Conseils d'utilisation : reproduire des topologies simples, tester des scénarios de bascule, capturer des sorties show et logs pour valider le comportement avant d'appliquer des modifications sur du matériel réel.
👤 Public visé
Destiné aux débutants souhaitant atteindre un niveau intermédiaire CCNA. Convient aux personnes ayant acquis les notions fondamentales du Module 1 (modèle OSI, adressage IPv4) et désirant apprendre la configuration de routeurs, le routage et le dépannage sous Cisco IOS. Le contenu s'aligne sur les objectifs de la certification Cisco CCNA et les bonnes pratiques de l'industrie.

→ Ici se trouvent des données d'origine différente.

-- ===== src/Controller/HttpRoute/Desired/Uris.antt =====
-- The redirect URIs that httproute_controller.go derives from the hosts and paths of a route.
use pocketid_operator.Base.{
  ◌≡◌, refl, sym, ap, ◌∙◌, ◌↔◌, inl, inr, String, true, false, ◌==◌, string_eq, eq_iff, eq_refl,
  is_empty, List, [], ◌∷◌, arith, Bool-cases,
}
use pocketid_operator.Base.Lists.{contains}
use pocketid_operator.Base.Lists.Members.{contains-append}
use pocketid_operator.Base.Text.{trim_space, split}
use pocketid_operator.Api.Core.{HttpRoute}
use pocketid_operator.Controller.HttpRoute.Desired.{
  annotation, annotation_redirect_paths, uri, uris_of_host, uris_of_hosts, redirect_uris,
}

-- A URI for a host and a path.
pub record Joins (hosts paths : List String) (u : String) : Type 0 where
  pub host : String
  pub has_host : contains hosts host ≡ true
  pub path : String
  pub has_path : contains paths path ≡ true
  pub joined : u ≡ uri host (trim_space path)

Joins-of-host :
    (host : String) (paths : List String) (u : String)
    → contains (uris_of_host host paths) u ≡ true
    → (path : String) × (contains paths path ≡ true) × (u ≡ uri host (trim_space path))
Joins-of-host host [] u p = absurd (cc)
Joins-of-host host (path ∷ paths) u p = elim (Bool-cases (uri host (trim_space path) == u)) [
  | inl same ↦ (path, rw (eq_refl path) refl, sym ((eq_iff (uri host (trim_space path)) u).0 same))
  | inr other ↦
      let (q, there, e) = Joins-of-host host paths u (ground arith) in (q, ground arith, e)
]

host_of-Joins :
    (host path : String) (paths : List String)
    → contains paths path ≡ true
    → contains (uris_of_host host paths) (uri host (trim_space path)) ≡ true
host_of-Joins host path [] p = absurd (cc)
host_of-Joins host path (q ∷ paths) p = elim (Bool-cases (q == path)) [
  | inl same ↦
      let e : uri host (trim_space q) ≡ uri host (trim_space path) =
        ap (λ x. uri host (trim_space x)) ((eq_iff q path).0 same) in
      rw ((eq_iff (uri host (trim_space q)) (uri host (trim_space path))).1 e) refl
  | inr other ↦ ground (arith, host_of-Joins host path paths)
]

Joins-of-hosts :
    (hosts paths : List String) (u : String)
    → contains (uris_of_hosts hosts paths) u ≡ true
    → Joins hosts paths u
Joins-of-hosts [] paths u p = absurd (cc)
Joins-of-hosts (host ∷ hosts) paths u p = elim (Bool-cases (contains (uris_of_host host paths) u)) [
  | inl here ↦
      let (path, there, e) = Joins-of-host host paths u here in
      record {
        host = host;
        has_host = rw (eq_refl host) refl;
        path = path;
        has_path = there;
        joined = e;
      }
  | inr not_here ↦
      let j =
        Joins-of-hosts hosts paths u (
          ground
            (arith, contains-append (uris_of_host host paths) (uris_of_hosts hosts paths) u)) in
      record {
        host = j.host;
        has_host = ground (arith, j.has_host);
        path = j.path;
        has_path = j.has_path;
        joined = j.joined;
      }
]

hosts_of-Joins :
    (hosts paths : List String) (host path : String)
    → contains hosts host ≡ true
    → contains paths path ≡ true
    → contains (uris_of_hosts hosts paths) (uri host (trim_space path)) ≡ true
hosts_of-Joins [] paths host path p q = absurd (cc)
hosts_of-Joins (first ∷ hosts) paths host path p q =
    let u = uri host (trim_space path) in
    let split = contains-append (uris_of_host first paths) (uris_of_hosts hosts paths) u in
    elim (Bool-cases (first == host)) [
      | inl same ↦
          let e : uris_of_host first paths ≡ uris_of_host host paths =
            ap (λ x. uris_of_host x paths) ((eq_iff first host).0 same) in
          split ∙ rw (e, host_of-Joins host path paths q) refl
      | inr other ↦ ground (arith, split, hosts_of-Joins hosts paths host path)
    ]

-- Where a route gives redirect paths, its redirect URIs are exactly those that join one of its
-- hosts and one of the paths between the commas, the white space around the path removed.
pub redirect_uris_iff :
    (route : HttpRoute)
    → is_empty (annotation route annotation_redirect_paths) ≡ false
    → (u : String)
    → (contains (redirect_uris route) u ≡ true)
      ↔ Joins route.hostnames (split b',' (annotation route annotation_redirect_paths)) u
unfolding redirect_uris
redirect_uris_iff route given u =
    let paths = split b',' (annotation route annotation_redirect_paths) in
    rw given (
      Joins-of-hosts route.hostnames paths u,
      λ j. rw j.joined (hosts_of-Joins route.hostnames paths j.host j.path j.has_host j.has_path),
    )
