-- ===== src/Controller/HttpRoute/Reconcile/Chosen.antt =====
-- The instance that httproute_controller.go takes for a route.
use pocketid_operator.Base.{
  ◌≡◌, refl, sym, ap, ◌∙◌, ◌↔◌, inl, inr, String, true, false, is_empty, none, some, List, [], ◌∷◌,
  Bool-cases,
}
use pocketid_operator.Base.Text.{split_once}
use pocketid_operator.Base.Text.Splits.{
  Joins, lacks, split_once-Joins, split_once-lacks, split_once-cases,
}
use pocketid_operator.Error.{Result, ok, err}
use pocketid_operator.Api.Meta.{CrossNamespaceObjectReference}
use pocketid_operator.Api.Core.{HttpRoute}
use pocketid_operator.Api.Instance.{Instance}
use pocketid_operator.World.{Env, History, instance_kind, fetch_all, on_error, ◌>>=◌}
use pocketid_operator.Controller.HttpRoute.Desired.{annotation, annotation_instance}
use pocketid_operator.Controller.HttpRoute.Reconcile.{
  chosen, no_choice, single_instance, parse_instance, choose_instance,
}

parse_instance_plain :
    (t : String)
    → split_once b'/' t ≡ none
    → parse_instance t ≡ record { name = t; namespace = none }
unfolding parse_instance
parse_instance_plain t e = rw (e, parse_instance) refl

parse_instance_qualified :
    (t namespace name : String)
    → split_once b'/' t ≡ some (namespace, name)
    → parse_instance t ≡ record { name = name; namespace = some namespace }
unfolding parse_instance
parse_instance_qualified t namespace name e = rw (e, parse_instance) refl

module _ (env : Env) (h : History) (route : HttpRoute) where
  abbrev pub text : String
  text = annotation route annotation_instance

  -- Where the route names an instance, the part before the first slash is the namespace, if there
  -- is a slash; where it names none, it gets the instance of its namespace that has no other.
  pub data Chosen : CrossNamespaceObjectReference → Type 0 where
    qualified :
        (namespace name : String)
        → is_empty text ≡ false
        → Joins b'/' namespace name text
        → lacks b'/' namespace ≡ true
        → Chosen (record { name = name; namespace = some namespace })
    by_name :
        is_empty text ≡ false
        → lacks b'/' text ≡ true
        → Chosen (record { name = text; namespace = none })
    single :
        (i : Instance)
        → is_empty text ≡ true
        → env.list instance_kind h route.namespace ≡ ok (i ∷ [])
        → Chosen (record { name = i.name; namespace = none })

  choice_of_list :
      (listed : Result (List Instance))
      → env.list instance_kind h route.namespace ≡ listed
      → is_empty text ≡ true
      → (choose_instance env route h).0
        ≡ elim listed [ err e ↦ no_choice e | ok is ↦ single_instance is ]
  unfolding choose_instance fetch_all ◌>>=◌
  choice_of_list (err e) p q = rw (q, p, on_error) refl
  choice_of_list (ok is) p q = rw (q, p, on_error) refl

  choice_of_text :
      is_empty text ≡ false → (choose_instance env route h).0 ≡ chosen (parse_instance text)
  unfolding choose_instance ◌>>=◌
  choice_of_text q = rw q refl

  Chosen-of_list :
      (listed : Result (List Instance)) (ref : CrossNamespaceObjectReference)
      → env.list instance_kind h route.namespace ≡ listed
      → is_empty text ≡ true
      → elim listed [ err e ↦ no_choice e | ok is ↦ single_instance is ] ≡ chosen ref
      → Chosen ref
  unfolding single_instance
  Chosen-of_list (err e) ref p q r = absurd (cc (r))
  Chosen-of_list (ok []) ref p q r = absurd (cc (r))
  Chosen-of_list (ok (i ∷ [])) ref p q r =
      let one : CrossNamespaceObjectReference = record { name = i.name; namespace = none } in
      let same : one ≡ ref = cc (r) in rw (sym same) (single i q p)
  Chosen-of_list (ok (i ∷ j ∷ is)) ref p q r = absurd (cc (r))

  Chosen-of_text : is_empty text ≡ false → Chosen (parse_instance text)
  Chosen-of_text q = elim (split_once-cases b'/' text) [
    | inl (nothing, l) ↦ rw (parse_instance_plain text nothing) (by_name q l)
    | inr (namespace, name, e, j, l) ↦
        rw (parse_instance_qualified text namespace name e) (qualified namespace name q j l)
  ]

  choice_of-Chosen :
      (ref : CrossNamespaceObjectReference)
      → Chosen ref
      → (choose_instance env route h).0 ≡ chosen ref
  unfolding single_instance
  choice_of-Chosen _ (qualified namespace name q j l) =
      choice_of_text q
      ∙ ap chosen (
          parse_instance_qualified text namespace name
            (split_once-Joins b'/' namespace name text j l))
  choice_of-Chosen _ (by_name q l) =
      choice_of_text q ∙ ap chosen (parse_instance_plain text (split_once-lacks b'/' text l))
  choice_of-Chosen _ (single i q p) = choice_of_list (ok (i ∷ [])) p q

  -- For a route the reference is chosen exactly if its annotation names it (the whole text is the
  -- name if it has no slash, else the part before the first slash is the namespace and the rest the
  -- name), or if it has no annotation or an empty one and it refers to the one instance that the
  -- list of the route's namespace has.
  pub choose_instance-chosen_iff :
      (ref : CrossNamespaceObjectReference)
      → ((choose_instance env route h).0 ≡ chosen ref) ↔ Chosen ref
  choose_instance-chosen_iff ref = (
    λ r. elim (Bool-cases (is_empty text)) [
      | inl empty ↦ Chosen-of_list _ ref refl empty (sym (choice_of_list _ refl empty) ∙ r)
      | inr written ↦
          let same : parse_instance text ≡ ref = cc (r, choice_of_text written) in
          rw (sym same) (Chosen-of_text written)
    ],
    choice_of-Chosen ref,
  )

Exercices pratiques et laboratoires CCNA 2
Jeux d'exercices et laboratoires guidés proposés pour valider la compréhension : scénarios d'adressage IP et calcul de masque de sous-réseau, configuration d'interfaces, mise en place de routes statiques et dynamiques, analyses de tables de routage et cas de dépannage. Chaque laboratoire propose des objectifs mesurables, une procédure pas à pas et des exercices corrigés permettant de comparer les sorties show et d'interpréter les résultats. Ces exercices s'effectuent aussi bien sur Packet Tracer que sur GNS3 pour rapprocher l'expérience du terrain.